Task goal
After locating the line with "same_round bs (ok (more, some" in the data that follows, return it and every later line exactly, up to and including the line with "next_round-Returns bs (ok (more, some".

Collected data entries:
::::

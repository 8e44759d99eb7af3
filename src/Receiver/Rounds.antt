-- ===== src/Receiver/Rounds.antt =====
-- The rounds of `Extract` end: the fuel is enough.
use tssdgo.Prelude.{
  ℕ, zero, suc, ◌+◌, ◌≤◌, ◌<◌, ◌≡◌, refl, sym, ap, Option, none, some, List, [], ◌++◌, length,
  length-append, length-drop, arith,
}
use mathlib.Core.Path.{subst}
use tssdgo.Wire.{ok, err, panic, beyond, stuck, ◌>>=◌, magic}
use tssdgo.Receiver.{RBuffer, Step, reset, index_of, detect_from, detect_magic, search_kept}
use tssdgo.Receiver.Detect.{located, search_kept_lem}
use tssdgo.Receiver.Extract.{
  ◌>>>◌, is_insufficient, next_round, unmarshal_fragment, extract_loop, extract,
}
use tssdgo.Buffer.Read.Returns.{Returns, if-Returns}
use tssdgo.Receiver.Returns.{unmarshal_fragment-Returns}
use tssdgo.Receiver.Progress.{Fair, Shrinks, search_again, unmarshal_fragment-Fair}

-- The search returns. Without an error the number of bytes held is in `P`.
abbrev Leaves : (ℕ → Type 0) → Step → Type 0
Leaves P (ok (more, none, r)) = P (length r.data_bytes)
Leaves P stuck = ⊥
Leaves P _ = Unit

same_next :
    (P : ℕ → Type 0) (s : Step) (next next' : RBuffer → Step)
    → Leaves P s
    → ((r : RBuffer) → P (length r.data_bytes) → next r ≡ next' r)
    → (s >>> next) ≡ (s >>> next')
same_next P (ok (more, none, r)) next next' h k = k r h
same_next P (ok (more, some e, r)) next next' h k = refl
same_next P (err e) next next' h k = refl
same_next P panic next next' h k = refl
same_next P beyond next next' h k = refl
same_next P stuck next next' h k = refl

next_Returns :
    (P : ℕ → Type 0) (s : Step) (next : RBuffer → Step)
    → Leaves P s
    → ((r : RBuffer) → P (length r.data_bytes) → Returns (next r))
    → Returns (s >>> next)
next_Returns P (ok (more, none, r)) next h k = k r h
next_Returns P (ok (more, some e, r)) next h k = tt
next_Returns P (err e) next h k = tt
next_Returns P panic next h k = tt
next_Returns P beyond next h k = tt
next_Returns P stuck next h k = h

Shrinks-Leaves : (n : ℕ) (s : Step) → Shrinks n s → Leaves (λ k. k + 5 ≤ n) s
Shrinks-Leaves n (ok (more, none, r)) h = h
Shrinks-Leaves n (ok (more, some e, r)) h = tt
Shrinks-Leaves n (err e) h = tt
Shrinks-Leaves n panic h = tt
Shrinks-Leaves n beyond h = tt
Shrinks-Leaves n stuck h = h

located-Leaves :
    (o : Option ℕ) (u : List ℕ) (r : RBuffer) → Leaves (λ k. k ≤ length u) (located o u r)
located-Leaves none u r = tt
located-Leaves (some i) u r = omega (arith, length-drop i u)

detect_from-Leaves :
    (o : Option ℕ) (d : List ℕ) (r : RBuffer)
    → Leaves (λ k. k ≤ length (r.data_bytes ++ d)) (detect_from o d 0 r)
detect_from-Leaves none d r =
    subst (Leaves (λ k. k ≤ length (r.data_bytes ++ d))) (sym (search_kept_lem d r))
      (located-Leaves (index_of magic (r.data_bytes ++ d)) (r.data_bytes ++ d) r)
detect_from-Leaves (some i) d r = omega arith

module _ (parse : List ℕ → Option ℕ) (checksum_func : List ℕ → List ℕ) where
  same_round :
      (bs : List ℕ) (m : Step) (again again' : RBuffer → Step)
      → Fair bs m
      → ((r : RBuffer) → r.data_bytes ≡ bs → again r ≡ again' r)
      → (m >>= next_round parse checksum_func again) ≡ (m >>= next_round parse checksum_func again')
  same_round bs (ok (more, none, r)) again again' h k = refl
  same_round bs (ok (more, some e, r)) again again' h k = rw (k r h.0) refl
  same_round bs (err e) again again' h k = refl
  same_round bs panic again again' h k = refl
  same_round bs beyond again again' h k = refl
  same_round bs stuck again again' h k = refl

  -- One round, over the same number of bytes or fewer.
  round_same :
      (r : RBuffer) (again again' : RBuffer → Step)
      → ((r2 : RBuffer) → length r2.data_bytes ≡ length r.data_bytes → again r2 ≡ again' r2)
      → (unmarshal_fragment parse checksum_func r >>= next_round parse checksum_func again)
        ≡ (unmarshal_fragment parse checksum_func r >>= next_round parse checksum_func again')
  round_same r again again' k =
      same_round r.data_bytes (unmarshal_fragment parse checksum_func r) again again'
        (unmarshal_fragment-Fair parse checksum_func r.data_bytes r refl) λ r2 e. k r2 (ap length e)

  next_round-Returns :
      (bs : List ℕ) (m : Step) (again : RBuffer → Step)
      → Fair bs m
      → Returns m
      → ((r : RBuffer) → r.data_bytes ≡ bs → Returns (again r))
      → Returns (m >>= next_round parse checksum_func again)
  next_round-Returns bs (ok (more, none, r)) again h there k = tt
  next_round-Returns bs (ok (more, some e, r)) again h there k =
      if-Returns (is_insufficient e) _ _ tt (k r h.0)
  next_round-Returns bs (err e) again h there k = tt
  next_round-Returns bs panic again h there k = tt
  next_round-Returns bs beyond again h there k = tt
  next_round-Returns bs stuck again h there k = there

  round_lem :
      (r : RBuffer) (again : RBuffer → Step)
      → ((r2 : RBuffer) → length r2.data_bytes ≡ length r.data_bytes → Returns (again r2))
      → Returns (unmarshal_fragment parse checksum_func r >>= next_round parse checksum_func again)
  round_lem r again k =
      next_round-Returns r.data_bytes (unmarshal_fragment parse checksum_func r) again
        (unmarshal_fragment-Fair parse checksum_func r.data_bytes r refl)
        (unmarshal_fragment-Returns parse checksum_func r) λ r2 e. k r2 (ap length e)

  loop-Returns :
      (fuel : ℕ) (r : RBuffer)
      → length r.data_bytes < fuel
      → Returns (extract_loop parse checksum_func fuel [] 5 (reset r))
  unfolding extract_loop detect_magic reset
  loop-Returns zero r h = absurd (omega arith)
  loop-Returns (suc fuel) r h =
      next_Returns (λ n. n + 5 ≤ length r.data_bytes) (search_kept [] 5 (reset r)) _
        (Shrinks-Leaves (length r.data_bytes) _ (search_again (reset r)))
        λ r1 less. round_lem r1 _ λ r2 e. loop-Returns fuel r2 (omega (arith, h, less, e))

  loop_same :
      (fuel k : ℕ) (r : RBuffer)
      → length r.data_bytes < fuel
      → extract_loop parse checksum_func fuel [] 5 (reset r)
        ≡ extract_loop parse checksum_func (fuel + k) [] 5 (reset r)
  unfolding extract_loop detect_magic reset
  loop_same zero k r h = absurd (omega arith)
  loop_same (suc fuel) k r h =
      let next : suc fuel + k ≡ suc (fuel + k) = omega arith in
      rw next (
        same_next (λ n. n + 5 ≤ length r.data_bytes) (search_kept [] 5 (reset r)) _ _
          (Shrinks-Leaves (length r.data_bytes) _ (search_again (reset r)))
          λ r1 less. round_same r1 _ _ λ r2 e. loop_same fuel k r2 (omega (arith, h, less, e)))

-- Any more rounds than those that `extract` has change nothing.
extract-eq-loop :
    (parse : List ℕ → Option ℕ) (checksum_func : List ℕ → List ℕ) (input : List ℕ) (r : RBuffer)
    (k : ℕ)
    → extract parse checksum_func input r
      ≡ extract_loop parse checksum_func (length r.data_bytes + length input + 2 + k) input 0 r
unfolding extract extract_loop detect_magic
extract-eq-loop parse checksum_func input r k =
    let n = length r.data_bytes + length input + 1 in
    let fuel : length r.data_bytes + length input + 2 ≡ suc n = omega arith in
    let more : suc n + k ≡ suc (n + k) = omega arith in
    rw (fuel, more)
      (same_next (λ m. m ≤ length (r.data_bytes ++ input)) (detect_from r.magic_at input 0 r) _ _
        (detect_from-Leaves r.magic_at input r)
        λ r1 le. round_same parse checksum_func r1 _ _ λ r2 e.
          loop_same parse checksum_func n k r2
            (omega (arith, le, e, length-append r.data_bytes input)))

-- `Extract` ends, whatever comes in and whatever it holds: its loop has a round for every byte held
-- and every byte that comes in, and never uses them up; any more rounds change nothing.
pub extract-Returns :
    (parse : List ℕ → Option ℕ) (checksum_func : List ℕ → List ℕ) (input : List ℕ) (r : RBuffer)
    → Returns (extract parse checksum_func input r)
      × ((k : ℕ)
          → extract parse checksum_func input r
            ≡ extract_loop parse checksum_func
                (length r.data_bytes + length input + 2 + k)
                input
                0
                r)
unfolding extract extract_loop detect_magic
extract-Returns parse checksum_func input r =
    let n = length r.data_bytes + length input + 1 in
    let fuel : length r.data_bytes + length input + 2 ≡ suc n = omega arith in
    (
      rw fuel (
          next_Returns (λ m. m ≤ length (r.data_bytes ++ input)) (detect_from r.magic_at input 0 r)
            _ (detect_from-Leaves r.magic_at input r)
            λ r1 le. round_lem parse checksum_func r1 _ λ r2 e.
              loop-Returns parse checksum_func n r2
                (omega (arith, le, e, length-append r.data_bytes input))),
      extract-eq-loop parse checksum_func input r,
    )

::::

Exercise result
  same_round bs (ok (more, some e, r)) again again' h k = rw (k r h.0) refl
  same_round bs (err e) again again' h k = refl
  same_round bs panic again again' h k = refl
  same_round bs beyond again again' h k = refl
  same_round bs stuck again again' h k = refl

  -- One round, over the same number of bytes or fewer.
  round_same :
      (r : RBuffer) (again again' : RBuffer → Step)
      → ((r2 : RBuffer) → length r2.data_bytes ≡ length r.data_bytes → again r2 ≡ again' r2)
      → (unmarshal_fragment parse checksum_func r >>= next_round parse checksum_func again)
        ≡ (unmarshal_fragment parse checksum_func r >>= next_round parse checksum_func again')
  round_same r again again' k =
      same_round r.data_bytes (unmarshal_fragment parse checksum_func r) again again'
        (unmarshal_fragment-Fair parse checksum_func r.data_bytes r refl) λ r2 e. k r2 (ap length e)

  next_round-Returns :
      (bs : List ℕ) (m : Step) (again : RBuffer → Step)
      → Fair bs m
      → Returns m
      → ((r : RBuffer) → r.data_bytes ≡ bs → Returns (again r))
      → Returns (m >>= next_round parse checksum_func again)
  next_round-Returns bs (ok (more, none, r)) again h there k = tt
  next_round-Returns bs (ok (more, some e, r)) again h there k =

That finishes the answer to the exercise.